A Janus Logic Gate with Sensing Function

A layered metastructure (LM) formed by a quasi-periodic arrangement of graphene and isotropic dielectric mediums, which can realize the functions of the tunable logic gate and refractive index (RI) sensing based on spin Hall effect (SHE), is theoretically studied. The asymmetric arrangement of the mediums and the increased angle of the incident electromagnetic waves (EWs) equip the LM with Janus feature. Through the modulation of the graphene chemical potential, the sharp absorption peak (AP) in the terahertz (THz) range can be obtained, and then the AP can be used to implement NOT logic and OR logic respectively corresponding to the forward and backward scales. By locating the incident angle of light corresponding to the SHE displacement peak, the linear measurement relationship between RI and SHE angle can be realized, and the widest RI measurement range is 1-1.4 with the angles changing from 21.88 degrees to 61.84 degrees.
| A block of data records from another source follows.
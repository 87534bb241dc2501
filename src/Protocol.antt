-- ===== src/Protocol.antt =====
-- adapters/inbound/websocket/protocol.ts: what the schema lets through of a commit message. The
-- schema trims each text and refuses an empty one.
use synch.Common.{
  ◌≡◌, subst, String, ◌==◌, Bool, true, false, ◌&&◌, Option, none, some, List, [], ◌∷◌, arith, leb,
  length, if◌then◌else◌, trim, All, inl, inr, Bool-cases, Option-cases,
}
use synch.Domain.EntryPolicy.{EntryOp, upsert, delete}
use synch.Mutation.{CommitMutationPayload}
use synch.Mutation.Writes.{IsNamed}

-- `z.string().trim().min(1)`
unfoldable pub non_empty_string : String → Option String
non_empty_string s = let t = trim s in if t == "" then none else some t

-- `nonEmptyString.nullable()`
unfoldable pub nullable_string : Option String → Option (Option String)
nullable_string none = some none
nullable_string (some s) = elim (non_empty_string s) [ none ↦ none | some t ↦ some (some t) ]

-- `superRefine`: an upsert names a blob, a deletion does not.
abbrev pub op_allows : EntryOp → Option String → Bool
op_allows upsert none = false
op_allows upsert (some b) = true
op_allows delete none = true
op_allows delete (some b) = false

infixl 5 ◌>>=◌
abbrev ◌>>=◌ {ℓ κ} : {A : Type ℓ} {B : Type κ} → Option A → (A → Option B) → Option B
none >>= f = none
some a >>= f = f a

unfoldable pub parse_commit_payload : CommitMutationPayload → Option CommitMutationPayload
unfolding non_empty_string nullable_string
parse_commit_payload raw = do
  mutation_id ← non_empty_string raw.mutation_id
  entry_id ← non_empty_string raw.entry_id
  blob_id ← nullable_string raw.blob_id
  encrypted_metadata ← non_empty_string raw.encrypted_metadata
  if op_allows raw.op blob_id
      then some (record {
        mutation_id = mutation_id;
        entry_id = entry_id;
        op = raw.op;
        base_revision = raw.base_revision;
        blob_id = blob_id;
        encrypted_metadata = encrypted_metadata;
      })
      else none

parse_all : List CommitMutationPayload → Option (List CommitMutationPayload)
parse_all [] = some []
parse_all (raw ∷ raws) = do m ← parse_commit_payload raw; ms ← parse_all raws; some (m ∷ ms)

-- `z.array(…).min(1).max(100)`
unfoldable pub parse_commit_payloads :
    List CommitMutationPayload → Option (List CommitMutationPayload)
unfolding parse_all
parse_commit_payloads raws =
    if leb 1 (length raws) && leb (length raws) 100 then parse_all raws else none

-- What a parsed payload is known to satisfy.
pub record IsParsed (m : CommitMutationPayload) : Type 0 where
  pub named : IsNamed m.blob_id
  pub allowed : op_allows m.op m.blob_id ≡ true

some_inj : {A : Type 0} {a b : A} → ◌≡◌ {A = Option A} (some a) (some b) → a ≡ b
some_inj h = cc

nullable_string-IsNamed :
    (o : Option String) {p : Option String} → nullable_string o ≡ some p → IsNamed p
unfolding nullable_string non_empty_string
nullable_string-IsNamed none {p} h = subst IsNamed (some_inj h) tt
nullable_string-IsNamed (some s) {p} h = elim (Bool-cases (trim s == "")) [
  | inl e ↦ absurd (ground arith)
  | inr e ↦ let same : some (trim s) ≡ p = ground arith in subst IsNamed same e
]

parse_commit_payload-IsParsed :
    (raw : CommitMutationPayload) {m : CommitMutationPayload}
    → parse_commit_payload raw ≡ some m
    → IsParsed m
unfolding parse_commit_payload
parse_commit_payload-IsParsed raw {m} h = elim (Option-cases (nullable_string raw.blob_id)) [
  | inl e ↦ absurd (ground arith)
  | inr (b, e) ↦
      let same : b ≡ m.blob_id = ground arith in
      record {
        named = subst IsNamed same (nullable_string-IsNamed raw.blob_id {p = b} e);
        allowed = ground arith;
      }
]

parse_all-IsParsed :
    (raws : List CommitMutationPayload) {ms : List CommitMutationPayload}
    → parse_all raws ≡ some ms
    → All IsParsed ms
unfolding parse_all
parse_all-IsParsed [] {ms} h = subst (All IsParsed) (some_inj h) tt
parse_all-IsParsed (raw ∷ raws) {ms} h = elim (Option-cases (parse_commit_payload raw)) [
  | inl e ↦ absurd (ground arith)
  | inr (m, e) ↦ elim (Option-cases (parse_all raws)) [
    | inl f ↦ absurd (ground arith)
    | inr (rest, f) ↦
        let same : m ∷ rest ≡ ms = ground arith in
        subst (All IsParsed) same
          (parse_commit_payload-IsParsed raw {m = m} e, parse_all-IsParsed raws {ms = rest} f)
  ]
]

pub parse_commit_payloads-IsParsed :
    (raws : List CommitMutationPayload) {ms : List CommitMutationPayload}
    → parse_commit_payloads raws ≡ some ms
    → All IsParsed ms
unfolding parse_commit_payloads
parse_commit_payloads-IsParsed raws {ms} h =
    elim (Bool-cases (leb 1 (length raws) && leb (length raws) 100)) [
      | inl e ↦ parse_all-IsParsed raws {ms = ms} (rw e at h)
      | inr e ↦ absurd (ground arith)
    ]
Additionally, a good linear range can be achieved, owning the optimum sensitivity (S) up to 153.5 degrees RIU-1. The RI sensing still strictly follows the logic functions of the forward NOT and backward OR via adjusting the chemical potential of graphene and discriminating the peak value of SHE displacement.

Automated summary

A layered metastructure consisting of graphene and isotropic dielectric mediums is studied theoretically, which can achieve the functions of tunable logic gate and refractive index sensing based on spin Hall effect. The asymmetric arrangement of the mediums and the increased angle of the incident electromagnetic waves give the metastructure Janus feature. By adjusting the chemical potential of graphene, a sharp absorption peak in the terahertz range can be obtained, corresponding to the forward and backward scales of NOT logic and OR logic, respectively. By locating the incident angle of light corresponding to the SHE displacement peak, a linear measurement relationship between refractive index and SHE angle can be realized with a wide measurement range of 1-1.4 and optimum sensitivity up to 153.5 degrees RIU-1. The refractive index sensing still strictly follows the logic functions of forward NOT and backward OR by adjusting the chemical potential of graphene and discerning the peak value of SHE displacement.